Today, I was crisscrossing my mind, searching for answers that I already know. Why would I perform such a futile exercise? Well, because I have discovered that the world is full of lies and half-truths. I was reviewing the answers I already have, for they may all be wrong.

In all our lives we have lived a dozen lies believing them to be true, to the extent that we do not even question them. On the rare occassion we do question them, we only have professors, pastors, teachers and parents to ask. Professors tell you theories. Pastors teach us the word that they themselves don’t even understand; they can never give a reason why Noah cursed Canaan. Teachers who teach because they were taught that way. I was told that children come from aeroplanes. I was a child; I believed the foolish explanation, and when an aeroplane was flying past I asked for a “toy” baby brother to play with. These lies made me a fool because being fooled was part of my upbringing.

That is another issue altogether. Here and now: How much creativity is in an individual? My girlfriend – the only female intellectual I ever kissed, born on a farm, raised by a grandmother on social welfare and a graduate of the University of the North (please, on your feet, a round of applause) – the one who loves to read books. She shared a tear when she read that Timbila had shut its doors. She knew, read and loved the poet Vonani Bila, mostly because of Dahl Street and the poem in which Vonani was healing his raging but helpless self after his apartment was broken into and blaming “Boys from Seshego”.

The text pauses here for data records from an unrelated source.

-- ===== src/Security/Tokens.antt =====
-- `create_access_token`, `decode_access_token` and `get_token_remaining_seconds` of
-- app/core/security.py. `jwt_encode` and `jwt_decode` are the jwt package's, which checks the signature and,
-- at the given time, the expiry.
use soc360_pymes.Prelude.{
  ℕ, zero, suc, ◌+◌, ◌-◌, ◌*◌, String, Bool, not, ◌&&◌, Option, none, some, if◌then◌else◌, is_some,
  is_none,
}
use soc360_pymes.Outcome.{Result, ok, err}
use soc360_pymes.Security.Roles.{role_level}

pub record Claims : Type 0 where
  pub sub : ℕ
  pub jti : ℕ
  pub tenant_id : Option ℕ
  pub role : String
  pub is_superadmin : Bool
  pub iat : ℕ
  pub exp : ℕ

pub data TokenError : Type 0 where
  superadmin_with_tenant user_without_tenant unknown_role invalid_token : TokenError

module _ (token_minutes : ℕ) where
  -- The payload: the minutes are `settings.ACCESS_TOKEN_EXPIRE_MINUTES`; a given `expires_delta` is in
  -- seconds, and one of zero is falsy.
  unfoldable pub token_lifetime : Option ℕ → ℕ
  token_lifetime none = token_minutes * 60
  token_lifetime (some zero) = token_minutes * 60
  token_lifetime (some (suc n)) = suc n

  unfoldable pub access_claims :
      ℕ → ℕ → ℕ → Option ℕ → String → Bool → Option ℕ → Result TokenError Claims
  unfolding token_lifetime role_level
  access_claims now jti user tenant role is_superadmin delta =
      if is_superadmin && is_some tenant
      then err superadmin_with_tenant
      else if not is_superadmin && is_none tenant
      then err user_without_tenant
      else if is_none (role_level role)
      then err unknown_role
      else ok (record {
        sub = user;
        jti = jti;
        tenant_id = tenant;
        role = role;
        is_superadmin = is_superadmin;
        iat = now;
        exp = now + token_lifetime delta;
      })

-- `get_token_remaining_seconds`
unfoldable pub remaining_seconds : Claims → ℕ → ℕ
remaining_seconds c now = c.exp - now

module _ (token_minutes : ℕ) {Token : Type 0} (jwt_encode : Claims → Token)
    (jwt_decode : Token → ℕ → Option Claims) where
  unfoldable pub create_access_token :
      ℕ → ℕ → ℕ → Option ℕ → String → Bool → Option ℕ → Result TokenError (Token × ℕ)
  create_access_token now jti user tenant role is_superadmin delta =
      elim (access_claims token_minutes now jti user tenant role is_superadmin delta) [
        | err e ↦ err e
        | ok claims ↦ ok (jwt_encode claims, jti)
      ]

  unfoldable pub decode_access_token : Token → ℕ → Result TokenError Claims
  decode_access_token token now = elim (jwt_decode token now) [
    | none ↦ err invalid_token
    | some c ↦ ok c
  ]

She also fell in love with all the closet poets that Bila presented on an international stage.

Again on your feet: A moment of silence for Timbila and Vonani Bila.

My girlfriend, she commented: “Bila’s creativity has run out, it is all dry and now he can focus on important things about life and living.”

The statement had a load of implications, so I pretended that I did not fully understand it. But I did, hence this question: How much creativity is in an individual?

My colleague, the great Zukiswa Wanner, believes that every living soul has one book running within their veins. She characterises a writer as someone who has written a book and an author as one who has written more than three books. I asked, what about manuscripts? She gave a short answer: “Manuscripts do not count.”

The argument was filtered to this: Everyone can do 60 minutes of stand-up comedy and lift many people out of their miserable lives. Come the 61st minute, the comedian will have shitted out all that he had naturally and now has to think hard. If they make it to the 121st minute and we are still dead, laughing ourselves out of our miserable lives, it is true creativity. Most comedians are stuck under 60 minutes with just a one-hour DVD and the second hour, you can’t even stand to watch it to the end.

Bila is a creative individual. I defend Bila. That is one of the things that Timbila could not avoid; it was run for the sake of creativity, it traded on creativity rather than profit. As great as all his poets were, they did not make a substantial living from their publications. He was happy when some of us worshipped them and the world knew them. Sales and academic recommendation were far away from Timbila’ modus operandi. I think. I know that Bila was not tired of being a poet – it is in his blood – as Mpho Ramaano is. Yes, we do not have any more offerings from Ramaano but ask any woman who provokes his men what kind of praises flow out of his mouth.

Give any writer money and a story and ask them to produce in a month. My girlfriend thinks that I can never offer anything more powerful than what I already have on the table. I say, test me and see if I cannot grant you another Book of the Dead, one which has nothing to do with HIV/Aids but is equally powerful and revelling. Test me and find out how many manuscripts are laying waste and gathering digital dust in my digital drawer. Try me and see how many books I have stored in the compartments of this head basket.

When you see Timbila and the likes close down it is not because talent has run dry but because the rain never came to water it. If you don’t see any more of Moele on the shelves, just know that the investments are returning negative in this rented life.

Vonani Bila has talent, immense talent, but this life is for rent and we have to pay.